On Strips: Abbie an' Slats

By | Friday, August 01, 2014 Leave a Comment
File this under: another comic strip that needs a nice reprint treatment. Abbie an' Slats was started in 1937 by Al Capp, trying to play off the popularity of Li'l Abner. He didn't have the time to draw two daily strips, though, so the art chores were picked up by Raeburn Van Buren. Capp eventually turned the writing duties over to his brother in 1945, and Van Buren got some help from his assistant Andy Sprague beginning in 1947. The strip continued on under this creative team until Van Buren retired in 1971, and they ended the feature.

The story focused on Aubrey "Slats" Scrapple who, at the start of the strip, moved from New York to Crabtree Corners. It's not quite as rural as Dogpatch, but it's still a far cry from New York. Slats moved in with his cousin Abbie and her sister Sally. The tone wasn't dissimilar to Li'l Abner, as Slats pursued the daughter of his biggest enemy, before eventually switching over to wooing Becky Groggins. It was, in fact, Groggins's somewhat eccentric father (nicknamed "Bathless" for a reason!) that even became a bit of a star, eventually taking over the Sunday strips on an ongoing basis.
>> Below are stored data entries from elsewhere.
-- ===== src/Risk/Killswitch/Gauges.antt =====
-- The gauges of risk/killswitch_controller.py show the labels of the current trip, and no other.
use squeeze_hunter.Prelude.{
  ◌≡◌, ◌↔◌, if◌then◌else◌, ◌||◌, get_or, refl, Bool, true, false, Option, none, some, List, [], ◌∷◌,
  is_some, arith,
}
use squeeze_hunter.Prelude.Floats.{Floats}
use squeeze_hunter.Broker.{Time}
use squeeze_hunter.Risk.Killswitch.{
  KillReason, KillSwitchInputs, KillswitchState, Transition, evaluate_killswitch,
  advance_killswitch,
}
use squeeze_hunter.Risk.Killswitch.Cooldown.{
  IsConsistent, advance_killswitch-edges, evaluate_killswitch_iff,
}
use squeeze_hunter.Risk.Killswitch.Controller.{
  Controller, KillswitchCfg, Gauges, listed, same_label, include, light, clear_gauges, show_state,
  adopt, set_gauge, set_all_inactive, prior_state, limits, evaluate, reset,
}

abbrev pub is_lit : Option Gauges → KillReason → Bool
is_lit none l = false
is_lit (some g) l = g l

abbrev is_empty : List KillReason → Bool
is_empty [] = true
is_empty (l ∷ ls) = false

-- A gauge is lit exactly if its label is among the active reasons, and an inactive switch has none.
pub record IsShown (c : Controller) (metrics : Option Gauges) : Type 0 where
  pub attached : is_some metrics ≡ true
  pub lit : (l : KillReason) → is_lit metrics l ≡ listed l c.active_reasons
  pub dark : (c.active || is_empty c.active_reasons) ≡ true

set_all_inactive_lem :
    (ls : List KillReason) (g : Gauges) (l : KillReason)
    → set_all_inactive ls g l ≡ (if listed l ls then false else g l)
set_all_inactive_lem [] g l = refl
set_all_inactive_lem (r ∷ ls) g l = ground (arith, set_all_inactive_lem ls (set_gauge r false g) l)

pub listed_congr :
    (a b : KillReason) (ls : List KillReason) → same_label a b ≡ true → listed a ls ≡ listed b ls
listed_congr a b [] h = refl
listed_congr a b (r ∷ ls) h = ground (arith, listed_congr a b ls h)

listed-include :
    (l r : KillReason) (ls : List KillReason)
    → listed l (include r ls) ≡ (same_label l r || listed l ls)
unfolding include
listed-include l r ls = ground (arith, listed_congr l r ls)

light-prior_state :
    (r : KillReason) (c : Controller) (metrics : Option Gauges)
    → prior_state (light r c metrics).0 ≡ prior_state c
unfolding light
light-prior_state r c none = refl
light-prior_state r c (some g) = refl

module _ (c : Controller) (g : Gauges)
    (h : (l : KillReason) → g l ≡ listed l c.active_reasons) where
  light-IsShown :
      (r : KillReason) → c.active ≡ true → IsShown (light r c (some g)).0 (light r c (some g)).1
  unfolding light
  light-IsShown r a = record {
    attached = refl;
    lit = λ l. ground (arith, listed-include l r c.active_reasons, h l);
    dark = ground arith;
  }

  clear_gauges-IsShown : IsShown (clear_gauges c (some g)).0 (clear_gauges c (some g)).1
  clear_gauges-IsShown = record {
    attached = refl;
    lit = λ l. ground (arith, set_all_inactive_lem c.active_reasons g l, h l);
    dark = ground arith;
  }

abbrev state_of : Bool → Option KillReason → Option Time → KillswitchState
state_of a r t = record { active = a; reason = r; first_tripped_at = t }

abbrev ShowsState : KillswitchState → Option Transition → Controller → Option Gauges → Type 0
ShowsState nxt transition c metrics =
    let (c', metrics') = show_state nxt transition (adopt nxt c) metrics in
    (prior_state c' ≡ nxt) × IsShown c' metrics'

-- The gauges follow a new state that comes of the old one by a step with that transition.
show_state_lem :
    (a : Bool) (r : Option KillReason) (t : Option Time) (transition : Option Transition)
    (c : Controller) (metrics : Option Gauges)
    → IsShown c metrics
    → ((transition ≡ some Transition.cleared) ↔ ((c.active ≡ true) × (a ≡ false)))
    → ShowsState (state_of a r t) transition c metrics
unfolding show_state
show_state_lem a r t transition c none h edge = absurd (ground (arith, h.attached))
show_state_lem true r t transition c (some g) h edge = (
  light-prior_state (get_or r KillReason.unknown) (adopt (state_of true r t) c) (some g),
  light-IsShown (adopt (state_of true r t) c) g h.lit (get_or r KillReason.unknown) refl,
)
show_state_lem false r t none c (some g) h edge =
    (refl, record { attached = refl; lit = h.lit; dark = ground (arith, h.dark, edge) })
show_state_lem false r t (some Transition.tripped) c (some g) h edge =
    (refl, record { attached = refl; lit = h.lit; dark = ground (arith, h.dark, edge) })
show_state_lem false r t (some Transition.cleared) c (some g) h edge =
    (refl, clear_gauges-IsShown (adopt (state_of false r t) c) g h.lit)

module _ {F : Type 0} ⦃f : Floats F⦄ where
  -- From a consistent state with a registry in step, an evaluation, whatever its inputs, keeps both:
  -- each gauge is lit exactly if its label is
  -- among the active reasons, and there are none once the switch is inactive, so every gauge is dark.
  pub evaluate-IsShown :
      (inputs : KillSwitchInputs F) (cfg : KillswitchCfg F) (now : Time) (c : Controller)
      (metrics : Option Gauges)
      → IsConsistent (prior_state c)
      → IsShown c metrics
      → let (_, c', metrics') = evaluate inputs cfg now c metrics in
        IsConsistent (prior_state c') × IsShown c' metrics'
  unfolding evaluate
  evaluate-IsShown inputs cfg now c metrics k h =
      let verdict = evaluate_killswitch inputs (limits cfg) in
      let step = advance_killswitch (prior_state c) verdict now c.cooldown_days in
      let named = (evaluate_killswitch_iff inputs (limits cfg)).0 in
      let edges = advance_killswitch-edges (prior_state c) verdict now c.cooldown_days k named in
      let (same, shown) =
        show_state_lem step.0.active step.0.reason step.0.first_tripped_at step.1 c metrics h
          edges.2 in
      (rw same edges.0, shown)

-- With a registry in step, a manual reset leaves the switch inactive with no reason, no window and every gauge dark.
reset-dark :
    (c : Controller) (metrics : Option Gauges)
    → IsShown c metrics
    → let (c', metrics') = reset c metrics in
      IsConsistent (prior_state c')
      × IsShown c' metrics'
      × (c'.active ≡ false)
      × ((l : KillReason) → is_lit metrics' l ≡ false)
unfolding reset
reset-dark c none h = absurd (ground (arith, h.attached))
reset-dark c (some g) h =
    let shown = clear_gauges-IsShown c g h.lit in
    (ground arith, record { attached = refl; lit = shown.lit; dark = refl }, refl, shown.lit)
But the stories do seem a little more in the adventure/drama genres than Abner.
The handful of reprints that have been published largely relied on actual newspapers for art, so the production quality isn't the best. Ken Pierce was able to publisher two better-than-average books back in the early 1980s, using original proof sheets as his source. Strangely, though, no one seems to have tried to utilize the fifteen-years-worth of original art that's currently housed at Syracuse University.

The strip never gained the popularity that Abner had, but given Capp's direct involvement as well as Van Buren's obvious illustrative talents, it strikes me as odd that these have yet to get one of those high-quality reproductions that folks like IDW have been putting out the past few years. I think getting the word out about strips that didn't quite rise to the level of popularity that Abner is important, so I urge folks to do some digging and track down some Abbie an' Slats.